Project

General

Profile

action #52964

s390x builds are triggered twice

Added by okurz 12 months ago. Updated 8 months ago.

Status:
Resolved
Priority:
Low
Assignee:
Start date:
2019-06-12
Due date:
% Done:

0%

Estimated time:
Duration:

Description

Observation

[12/06/2019 15:29:43] <mgriessmeier> @coolo any special reason why s390 got retriggered?
[12/06/2019 15:33:05] <mgriessmeier> @coolo though I guess it wasn't you, but your account =)

This also happened in the past and it was only becoming apparent during pending milestone tests but maybe always happens.

https://openqa.suse.de/tests/2972769#next_previous shows that there was a job within the same build and 2972769 is a retrigger by slindomansilla however after that https://openqa.suse.de/admin/auditlog shows "about 2 hours ago coolo job_create { "id": 2973121 }" so the user "coolo" retriggered another time.

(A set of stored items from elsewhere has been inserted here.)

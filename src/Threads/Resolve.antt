-- ===== src/Threads/Resolve.antt =====
-- resolve_threads of thread_placement.py. The counts that SST reports are arguments, as is whether
-- TILE_COMPONENT_TRACE_START_TASK is set; `none` is a ValueError.
use golem_riscv_sim.Common.{◌∙◌}
use golem_riscv_sim.Threads.Split.{partition_tiles}
use golem_riscv_sim.Common.{
  >>=-eq-some, All, ap, arith, false, guard-eq-some, inl, inr, refl, refuse-eq-some, subst, sym,
  true, ◌<◌, ◌≡◌, ◌≤◌, ◌⊎◌, Bool, List, Option, [], guard, length, ltb, none, pos, refuse, some, ℕ,
  ◌&&◌, ◌==◌, ◌>>=◌, ◌>>◌, ◌∷◌,
}
use mathlib.Core.Option.{some-injective}
use golem_riscv_sim.Common.Json.{Json, Items, int, array, nil, cons}

-- type(worker) is int and 0 <= worker < threads, for every item
unfoldable pub read_workers : ℕ → Items → Option (List ℕ)
read_workers threads nil = some []
read_workers threads (cons (int (pos worker)) items) = do
  guard (ltb worker threads)
  workers ← read_workers threads items
  some (worker ∷ workers)
read_workers threads (cons _ items) = none

given_workers : ℕ → ℕ → List ℕ → Option Json → Option (ℕ × List ℕ)
unfolding read_workers
given_workers threads endpoint_count automatic none = some (threads, automatic)
given_workers threads endpoint_count automatic (some (array items)) = do
  workers ← read_workers threads items
  guard (length workers == endpoint_count)
  some (threads, workers)
given_workers threads endpoint_count automatic (some _) = none

unfoldable pub resolve_threads : ℕ → ℕ → Bool → ℕ → ℕ → ℕ → Option Json → Option (ℕ × List ℕ)
unfolding partition_tiles given_workers
resolve_threads ranks threads traced x_dim y_dim endpoint_count tile_threads = do
  guard (ranks == 1)
  automatic ← partition_tiles (int (pos x_dim)) (int (pos y_dim)) (int (pos threads))
  refuse (ltb 1 threads && traced)
  given_workers threads endpoint_count automatic tile_threads

read_workers_All :
    (threads : ℕ) (items : Items) {workers : List ℕ}
    → read_workers threads items ≡ some workers
    → All (λ w. w < threads) workers
unfolding read_workers
read_workers_All threads nil {workers} e =
    subst (All (λ w. w < threads)) (some-injective [] workers e) tt
read_workers_All threads (cons (int (pos worker)) items) {workers} e =
    let (u, below, e1) = >>=-eq-some (guard (ltb worker threads)) _ e in
    let (rest, read, e2) = >>=-eq-some (read_workers threads items) _ e1 in
    let test = guard-eq-some (ltb worker threads) u below in
    subst (All (λ w. w < threads)) (some-injective (worker ∷ rest) workers e2)
      (ground arith, read_workers_All threads items read)
read_workers_All threads (cons _ items) e = cc

-- The array of the given numbers.
abbrev pub worker_items : List ℕ → Items
worker_items [] = nil
worker_items (worker ∷ workers) = cons (int (pos worker)) (worker_items workers)

read_workers-items :
    (threads : ℕ) (items : Items) {workers : List ℕ}
    → read_workers threads items ≡ some workers
    → items ≡ worker_items workers
unfolding read_workers
read_workers-items threads nil {workers} e = ap worker_items (some-injective [] workers e)
read_workers-items threads (cons (int (pos worker)) items) {workers} e =
    let (u, below, e1) = >>=-eq-some (guard (ltb worker threads)) _ e in
    let (rest, read, e2) = >>=-eq-some (read_workers threads items) _ e1 in
    ap (cons (int (pos worker))) (read_workers-items threads items read)
    ∙ ap worker_items (some-injective (worker ∷ rest) workers e2)
read_workers-items threads (cons _ items) e = cc

-- If resolve_threads accepts given tile_threads then there is one rank, the count is the number
-- of threads, the workers are the given numbers in their order, one for each endpoint and each
-- below the number of threads, and with more than one thread the trace variable is not set.
pub resolve_threads-workers :
    (ranks threads : ℕ) (traced : Bool) (x_dim y_dim endpoint_count : ℕ) (items : Items) {count : ℕ}
    {workers : List ℕ}
    → resolve_threads ranks threads traced x_dim y_dim endpoint_count (some (array items))
      ≡ some (count, workers)
    → (ranks ≡ 1)
      × (count ≡ threads)
      × (items ≡ worker_items workers)
      × (length workers ≡ endpoint_count)
      × All (λ w. w < threads) workers
      × ((threads ≤ 1) ⊎ (traced ≡ false))
unfolding resolve_threads given_workers
resolve_threads-workers ranks threads traced x_dim y_dim endpoint_count items {count} {workers} e =
    let (u1, single, e1) = >>=-eq-some (guard (ranks == 1)) _ e in
    let split = partition_tiles (int (pos x_dim)) (int (pos y_dim)) (int (pos threads)) in
    let (automatic, _, e2) = >>=-eq-some split _ e1 in
    let (u2, observed, e3) = >>=-eq-some (refuse (ltb 1 threads && traced)) _ e2 in
    let (ws, read, e4) = >>=-eq-some (read_workers threads items) _ e3 in
    let (u3, full, e5) = >>=-eq-some (guard (length ws == endpoint_count)) _ e4 in
    let test1 = guard-eq-some (ranks == 1) u1 single in
    let test2 = refuse-eq-some (ltb 1 threads && traced) u2 observed in
    let test3 = guard-eq-some (length ws == endpoint_count) u3 full in
    let made = some-injective (threads, ws) (count, workers) e5 in
    let same : ws ≡ workers = ap (λ q. q.1) made in
    (
      ground arith,
      sym (ap (λ q. q.0) made),
      read_workers-items threads items read ∙ ap worker_items same,
      subst (λ (xs : List ℕ). length xs ≡ endpoint_count) same (ground arith),
      subst (All (λ w. w < threads)) same (read_workers_All threads items read),
      limited threads traced test2,
    )
  where
    limited :
        (threads : ℕ) (traced : Bool)
        → (ltb 1 threads && traced) ≡ false
        → (threads ≤ 1) ⊎ (traced ≡ false)
    limited threads false h = inr refl
    limited threads true h = inl (ground arith)
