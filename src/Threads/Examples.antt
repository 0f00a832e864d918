-- ===== src/Threads/Examples.antt =====
-- A mesh of three columns and two rows, and the theorems on it.
use golem_riscv_sim.Threads.Mesh.Bounds.{IsMesh, post_init-IsMesh}
use golem_riscv_sim.Threads.Mesh.{MeshFields, MeshParameters, post_init}
use golem_riscv_sim.Threads.Split.{partition_tiles}
use golem_riscv_sim.Partition.Mesh.{mesh_adjacency}
use golem_riscv_sim.Common.Json.{nil, int, array, cons, Items}
use golem_riscv_sim.Threads.Links.{has_link, router_links}
use golem_riscv_sim.Threads.Links.Adjacent.{router_links-eq-mesh_adjacency}
use golem_riscv_sim.Threads.Split.Workers.{IsSplit, partition_tiles-IsSplit}
use golem_riscv_sim.Threads.Resolve.{resolve_threads, resolve_threads-workers, worker_items}
use golem_riscv_sim.Common.{
  All, List, [], arith, contains, false, get_or, length, pos, refl, some, ℕ, ◌<◌, ◌||◌, ◌∷◌, ◌≡◌,
  ◌≤◌, ◌⊎◌,
}

partition_tiles-IsSplit_example :
    (placement : List ℕ) × (partition_tiles (int (pos 3)) (int (pos 2)) (int (pos 4))
      ≡ some placement)
    × IsSplit 3 2 4 placement
partition_tiles-IsSplit_example =
    partition_tiles-IsSplit 3 2 4 (omega arith) (omega arith) (omega arith) (omega arith)

abbrev three_workers : Items
three_workers = cons (int (pos 0)) (cons (int (pos 1)) (cons (int (pos 1)) nil))

abbrev ranks : ℕ
ranks = 1

abbrev threads : ℕ
threads = 2

abbrev workers : List ℕ
workers = 0 ∷ 1 ∷ 1 ∷ []

three_workers-accepted :
    resolve_threads ranks threads false 3 1 3 (some (array three_workers)) ≡ some (threads, workers)
unfolding resolve_threads
three_workers-accepted = refl

resolve_threads-workers_example :
    (ranks ≡ 1)
    × (threads ≡ threads)
    × (three_workers ≡ worker_items workers)
    × (length workers ≡ 3)
    × All (λ w. w < threads) workers
    × ((threads ≤ 1) ⊎ (false ≡ false))
resolve_threads-workers_example =
    resolve_threads-workers ranks threads false 3 1 3 three_workers three_workers-accepted

router_links-eq-mesh_adjacency_example :
    (has_link (router_links 3 2) 1 4 || has_link (router_links 3 2) 4 1)
    ≡ contains (get_or (mesh_adjacency 2 3) 1 []) 4
router_links-eq-mesh_adjacency_example =
    router_links-eq-mesh_adjacency 3 2 1 4 (omega arith) (omega arith)

-- The defaults of MeshParameters.
abbrev default_fields : MeshFields
default_fields = record {
  x_dim = int (pos 2);
  y_dim = int (pos 2);
  local_ports = int (pos 1);
  num_vns = int (pos 1);
  num_vcs = int (pos 1);
  flit_size_bits = int (pos 128);
  router_input_buffer_flits = int (pos 8);
  router_output_buffer_flits = int (pos 8);
  nic_input_buffer_bytes = int (pos 4096);
  nic_output_buffer_bytes = int (pos 4096);
  verbose = int (pos 0);
}

abbrev default_mesh : MeshParameters
default_mesh = record {
  x_dim = 2;
  y_dim = 2;
  local_ports = 1;
  num_vns = 1;
  num_vcs = 1;
  flit_size_bits = 128;
  router_input_buffer_flits = 8;
  router_output_buffer_flits = 8;
  nic_input_buffer_bytes = 4096;
  nic_output_buffer_bytes = 4096;
  verbose = 0;
}

default_fields-accepted : post_init default_fields ≡ some default_mesh
unfolding post_init
default_fields-accepted = refl

post_init-IsMesh_example : IsMesh default_mesh
post_init-IsMesh_example = post_init-IsMesh default_fields default_fields-accepted
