-- ===== src/Validation.antt =====
-- tools/analysis/validate-sculptor-sst-partition.py: the check of the partition that SST reports.
pub mod Lines
pub mod Check
pub mod Examples
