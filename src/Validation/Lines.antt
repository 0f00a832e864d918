-- ===== src/Validation/Lines.antt =====
-- The regular expressions of validate-sculptor-sst-partition.py, and its loop over the lines. `none`
-- of a reader is a ValueError; `none` of a match is no match.
use Prim.Native.String.{String}
use golem_riscv_sim.Common.Text.{strip_prefix, span, is_blank, is_space}
use golem_riscv_sim.Common.Decimal.{is_digit, is_digits, int_of}
use golem_riscv_sim.Common.{
  List, Option, [], contains, get_or, guard, ltb, none, not, refuse, set, some, ℕ, ◌++◌, ◌==◌, ◌∷◌,
  ◌>>=◌, ◌>>◌,
}

-- ^Rank: ([0-9]+)\.([0-9]+) Component List:$
unfoldable pub match_rank : String → Option (ℕ × ℕ)
unfolding int_of
match_rank line = do
  rest ← strip_prefix "Rank: " line
  let (process, after_process) = span is_digit rest
  refuse (is_blank process)
  rest' ← strip_prefix "." after_process
  let (thread, after_thread) = span is_digit rest'
  refuse (is_blank thread)
  tail ← strip_prefix " Component List:" after_thread
  guard (is_blank tail)
  some (int_of process, int_of thread)

-- ^   ([^ ]+) \(ID=[0-9]+\)$
unfoldable pub match_component : String → Option String
match_component line = do
  rest ← strip_prefix "   " line
  let (name, after_name) = span (λ c. not (is_space c)) rest
  refuse (is_blank name)
  rest' ← strip_prefix " (ID=" after_name
  let (identity, after_identity) = span is_digit rest'
  refuse (is_blank identity)
  tail ← strip_prefix ")" after_identity
  guard (is_blank tail)
  some name

-- ^tile([0-9]+)$
unfoldable pub match_tile : String → Option ℕ
unfolding is_digits int_of
match_tile name = do rest ← strip_prefix "tile" name; guard (is_digits rest); some (int_of rest)

pub record Sections : Type 0 where
  pub components : List (List String)
  pub current_thread : Option ℕ
  pub seen_sections : List ℕ

unfoldable pub open_section : ℕ → Sections → ℕ → ℕ → Option Sections
open_section thread_count s process thread = do
  guard (process == 0)
  guard (ltb thread thread_count)
  refuse (contains s.seen_sections thread)
  some (record s { current_thread = some thread; seen_sections = thread ∷ s.seen_sections })

unfoldable pub add_component : Sections → String → Option Sections
add_component s name = elim s.current_thread [
  | none ↦ none
  | some thread ↦ some (record s {
    components = set s.components thread (get_or s.components thread [] ++ name ∷ []);
  })
]

-- A line that is no rank header.
unfoldable pub read_component : Sections → String → Option Sections
unfolding match_component add_component
read_component s line = elim (match_component line) [
  | some name ↦ add_component s name
  | none ↦ some s
]

-- The body of the loop over the lines.
unfoldable pub read_line : ℕ → Sections → String → Option Sections
unfolding match_rank open_section read_component
read_line thread_count s line = elim (match_rank line) [
  | some rank ↦ open_section thread_count s rank.0 rank.1
  | none ↦ read_component s line
]

unfoldable pub read_lines : ℕ → Sections → List String → Option Sections
unfolding read_line
read_lines thread_count s [] = some s
read_lines thread_count s (line ∷ lines) = do
  t ← read_line thread_count s line
  read_lines thread_count t lines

Checking on osd the file /var/log/openqa_rsync.log I can find:

Wed Jun 12 09:50:01 CEST 2019
Configured to deprioritize or cancel jobs from previous builds
Syncing 'sle12_sp5
…
{
   "ARCH" : "s390x",
   "BUILD" : "0197",
   "BUILD_HA" : "0074",
   "BUILD_HA_GEO" : "0057",
   "BUILD_SDK" : "0150",
   "BUILD_SLE" : "0197",
   "DISTRI" : "SLE",
   "FLAVOR" : "Server-DVD",
…

same as for the other three architectures "aarch64", "ppc64le" and "x86_64".

Then in between we have many cycles where no action is conducted:

Wed Jun 12 10:15:01 CEST 2019
Wed Jun 12 10:15:01 CEST 2019
Configured to deprioritize or cancel jobs from previous builds
Configured to deprioritize or cancel jobs from previous builds
Wed Jun 12 10:20:01 CEST 2019
…

until

Wed Jun 12 15:10:01 CEST 2019
Wed Jun 12 15:10:01 CEST 2019
Configured to deprioritize or cancel jobs from previous builds
Configured to deprioritize or cancel jobs from previous builds
Syncing 'sle12_sp5'
…
SLE-12-SP5-Server-MINI-ISO-x86_64-Build0197-Media.iso exists, skipped
add_sle_addons: No url found for: 'RT'
add_sle_addons: product: 'SAP'
add_sle_addons: product: 'HPC'
add_sle_addons: update_current_repo: 'HPC'
add_sle_addons: product: 'Live-Patching'
add_sle_addons: update_current_repo: 'Live-Patching'
  dist.suse.de::repos/SUSE:/SLE-12-SP5:/GA:/TEST/images/iso/SLE-12-SP5-Server-DVD-s390x-Build0197-Media1.iso
  -> SLE-12-SP5-Server-DVD-s390x-Build0197-Media1.iso...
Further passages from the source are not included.